One prominent iOS security expert said the bar for developing a remote exploit for iOS 9 was set dizzyingly high.

“It will likely require 2-4 vulnerabilities,” wrote Charlie Miller, a security researcher who did some of the earliest work on exploiting iOS and – more recently – has turned his attention to testing the security of connected vehicles.

In addition to exploiting the local web browser on the device, attackers would need to discover and find a way to exploit a handful of other holes to read and write data to the device and to break out of local application sandbox on iOS and – possibly – yet another exploitable hole to elevate the user’s privileges to allow them to modify protected areas of the operating system.

“Lets just say it is hard enough that I don’t bother trying,” Miller wrote.

Bekrar’s account of the winning submission supports that. He described it as an exploit chain containing multiple vulnerabilities affecting both the Google Chrome browser on iOS and the operating system itself. It bypassed “almost all” mitigations, Bekrar wrote.

Still, Zerodium is testing the exploit to verify and document each of the underlying vulnerabilities, he said.

Assuming the company is satisfied that the team has qualified for the bounty, Zerodium will pay the bounty and report the vulnerabilities to its customers. It may report them to Apple, as well, though Bekrar said that would be done “later.”
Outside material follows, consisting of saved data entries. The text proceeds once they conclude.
-- ===== src/Server/Interleaved/Rounds.antt =====
-- A round of a worker, step by step.
use amsserver.Server.Http.{check_recv_buf_end}
use amsserver.Server.Interleaved.Claims.{assign, replace_self}
use amsserver.Server.System.Tame.{read_text-IsTame, check_recv_buf_end-IsTame}
use amsserver.HttpData.Tame.{ams_dbug_log-IsTame}
use amsserver.Crt.Text.{strstr}
use amsserver.Server.Interleaved.Calls.{Keeps-load_handle, Keeps-load, Keeps-look, Keeps-store_held}
use amsserver.Log.{ams_dbug_log, received_line}
use amsserver.Server.Interleaved.Accepts.{Unlocked, do_accept_ex-Keeps}
use amsserver.Server.Interleaved.Rules.{Tame, Keeps, Keeps-if, Keeps-bind, Keeps-gives, Keeps-pure}
use amsserver.Server.Worker.{Completion, is_recv_or_send}
use amsserver.Io.World.{Answers, load_handle}
use amsserver.Server.Interleaved.Handlers.{
  http_do_recv_steps, handle_recv_steps, dispatch_steps, worker_round_steps, do_accept_ex_steps,
  answer_get_steps,
}
use amsserver.Io.Buffer.{
  send_posted, accept_posted, recv_posted, null_posted, OperationType, PerIoData, read_text,
}
use amsserver.Base.{
  none, some, true, false, inl, Bytes, ℕ, Fault, ◌≡◌, ◌≢◌, ◌==◌, not, ◌||◌, ◌&&◌, codes, Bool,
  Option, length,
}
use amsserver.Server.Interleaved.Steps.{Steps, ◌>>=◌, call, gives, pure}
use amsserver.Server.Interleaved.Own.{Own, holds, looks}
use amsserver.Server.Interleaved.Receives.{Answered, recv_again-Keeps, answer_get-Keeps}

-- A whole request is logged, and answered if it has the text GET.
complete-Keeps :
    (sizes : Bytes → ℕ) (a : Answers) (k p : ℕ) (d : PerIoData) (t : Bytes) (r : Own)
    → r.role p ≡ holds
    → r.knows k ≡ true
    → k ≢ 0
    → r.locks ≡ false
    → Keeps Tame r
        (call (load_handle k) >>= λ h. pure (ams_dbug_log (received_line h.ssocketaddr t)) >>= λ _.
          elim (strstr t (codes "GET")) as (λ _. Steps Bool) [
            | none ↦ gives false
            | some _ ↦ answer_get_steps sizes a k p d t
          ])
        (Answered k)
complete-Keeps sizes a k p d t r h m n l = Keeps-load_handle r (Answered k) k _ m λ g.
    Keeps-pure r (ams_dbug_log (received_line g.ssocketaddr t)) _ (Answered k)
      (ams_dbug_log-IsTame (received_line g.ssocketaddr t)) l λ x e. found (strstr t (codes "GET"))
  where
    found :
        (o : Option Bytes)
        → Keeps Tame r
            (elim o as (λ _. Steps Bool) [
              | none ↦ gives false
              | some _ ↦ answer_get_steps sizes a k p d t
            ])
            (Answered k)
    found none = Keeps-gives Tame r false (Answered k) (l, m)
    found (some u) = answer_get-Keeps sizes a k p d t r h m n l

http_do_recv-Keeps :
    (sizes : Bytes → ℕ) (a : Answers) (k p : ℕ) (r : Own)
    → r.role p ≡ holds
    → r.knows k ≡ true
    → k ≢ 0
    → r.locks ≡ false
    → Keeps Tame r (http_do_recv_steps sizes a k p) (Answered k)
unfolding http_do_recv_steps
http_do_recv-Keeps sizes a k p r h m n l =
    Keeps-if Tame r (k == 0 || p == 0) (gives false) _ (Answered k)
      (Keeps-gives Tame r false (Answered k) (l, m))
      (Keeps-load r (Answered k) p _ (inl h) λ d.
        Keeps-pure r (read_text d) _ (Answered k) (read_text-IsTame d) l λ t e.
          Keeps-store_held r (Answered k) p (record d { bytestransfer = length t }) _ (inl h)
            (Keeps-pure (assign p holds r) (check_recv_buf_end (length t) t) _ (Answered k)
              (check_recv_buf_end-IsTame (length t) t) l
              λ c f.
                Keeps-if Tame (assign p holds r) c _ _ (Answered k)
                  (complete-Keeps sizes a k p d t (assign p holds r) (replace_self r.role p holds) m
                    n l)
                  (recv_again-Keeps a k p (assign p holds r) (replace_self r.role p holds) m n l)))

handle_recv-Keeps :
    (sizes : Bytes → ℕ) (a : Answers) (k p : ℕ) (r : Own)
    → r.role p ≡ holds
    → r.knows k ≡ true
    → k ≢ 0
    → r.locks ≡ false
    → Keeps Tame r (handle_recv_steps sizes a k p) Unlocked
unfolding handle_recv_steps
handle_recv-Keeps sizes a k p r h m n l =
    Keeps-bind Tame r (http_do_recv_steps sizes a k p) _ (Answered k) Unlocked
      (http_do_recv-Keeps sizes a k p r h m n l)
      λ b s (u, v).
        Keeps-if Tame s b (gives true) _ Unlocked (Keeps-gives Tame s true Unlocked u)
          (Keeps-load_handle s Unlocked k _ v λ g. Keeps-gives Tame s true Unlocked u)

-- Whatever kind the io says that it has.
dispatch-Keeps :
    (sizes : Bytes → ℕ) (a : Answers) (k p : ℕ) (o : OperationType) (r : Own)
    → r.role p ≡ holds
    → r.knows k ≡ true
    → k ≢ 0
    → r.locks ≡ false
    → Keeps Tame r (dispatch_steps sizes a k p o) Unlocked
unfolding dispatch_steps
dispatch-Keeps sizes a k p accept_posted r h m n l =
    Keeps-bind Tame r (do_accept_ex_steps a p) _ Unlocked Unlocked (do_accept_ex-Keeps a p r h l)
      λ b s u. Keeps-gives Tame s true Unlocked u
dispatch-Keeps sizes a k p recv_posted r h m n l = handle_recv-Keeps sizes a k p r h m n l
dispatch-Keeps sizes a k p send_posted r h m n l = Keeps-gives Tame r true Unlocked l
dispatch-Keeps sizes a k p null_posted r h m n l = Keeps-gives Tame r true Unlocked l

-- The round of a completion whose io is the thread's.
pub worker_round-Keeps :
    (sizes : Bytes → ℕ) (a : Answers) (c : Completion) (r : Own)
    → r.role c.io ≡ holds
    → r.knows c.key ≡ true
    → c.key ≢ 0
    → r.locks ≡ false
    → Keeps Tame r (worker_round_steps sizes a c) Unlocked
unfolding worker_round_steps
worker_round-Keeps sizes a c r h m n l =
    Keeps-if Tame r (not c.ok) (gives true) _ Unlocked (Keeps-gives Tame r true Unlocked l) (
      Keeps-if Tame r (c.key == 0) (gives false) _ Unlocked (Keeps-gives Tame r false Unlocked l) (
        Keeps-if Tame r (c.io == 0) (gives true) _ Unlocked (Keeps-gives Tame r true Unlocked l) (
          Keeps-load r Unlocked c.io _ (inl h) λ d.
            Keeps-if Tame r (c.bytes == 0 && is_recv_or_send d.operationtype) (gives true) _
              Unlocked (Keeps-gives Tame r true Unlocked l)
              (dispatch-Keeps sizes a c.key c.io d.operationtype r h m n l))))

-- The faults that a round may have: those of a completed send are of any kind.
abbrev pub Allows : OperationType → Fault → Type 0
Allows send_posted e = Unit {0}
Allows _ e = Tame e

sent_dispatch-Keeps :
    (sizes : Bytes → ℕ) (a : Answers) (k p : ℕ) (o : OperationType) (r : Own)
    → r.locks ≡ false
    → o ≡ send_posted
    → Keeps (λ e. Unit {0}) r (dispatch_steps sizes a k p o) Unlocked
unfolding dispatch_steps
sent_dispatch-Keeps sizes a k p accept_posted r l e = cc
sent_dispatch-Keeps sizes a k p recv_posted r l e = cc
sent_dispatch-Keeps sizes a k p send_posted r l e = Keeps-gives (λ e. Unit {0}) r true Unlocked l
sent_dispatch-Keeps sizes a k p null_posted r l e = cc

-- The round of a completed send ends when it has looked at the kind of its io.
pub sent_round-Keeps :
    (sizes : Bytes → ℕ) (a : Answers) (c : Completion) (r : Own)
    → r.role c.io ≡ looks
    → r.locks ≡ false
    → Keeps (λ e. Unit {0}) r (worker_round_steps sizes a c) Unlocked
unfolding worker_round_steps
sent_round-Keeps sizes a c r h l =
    Keeps-if (λ e. Unit {0}) r (not c.ok) (gives true) _ Unlocked
      (Keeps-gives (λ e. Unit {0}) r true Unlocked l)
      (Keeps-if (λ e. Unit {0}) r (c.key == 0) (gives false) _ Unlocked
        (Keeps-gives (λ e. Unit {0}) r false Unlocked l)
        (Keeps-if (λ e. Unit {0}) r (c.io == 0) (gives true) _ Unlocked
          (Keeps-gives (λ e. Unit {0}) r true Unlocked l)
          (Keeps-look r Unlocked c.io _ h l λ d o.
            Keeps-if (λ e. Unit {0}) r (c.bytes == 0 && is_recv_or_send d.operationtype)
              (gives true) _ Unlocked (Keeps-gives (λ e. Unit {0}) r true Unlocked l)
              (sent_dispatch-Keeps sizes a c.key c.io d.operationtype r l o))))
Apple did not immediately respond to a request for comment. It is one of a shrinking number of leading technology firms that does not offer bounties for information on security holes in its software. That policy has earned it criticism from the security community which argues that the Cupertino company could deploy just a sliver of its massive cash hoard of more than $200 billion to effectively corner the market for security holes in OS X and iOS.

“The only effective way to combat this is [to] open up their bug bounty,” said Mark Litchfield, founder of Bug Bounty HQ and one of the world’s top independent vulnerability researchers.

“Clearly they would never offer [$1 million] but if they can give some reasonable bounty amounts I am sure they would have some great issues reported to them responsibly,” he said.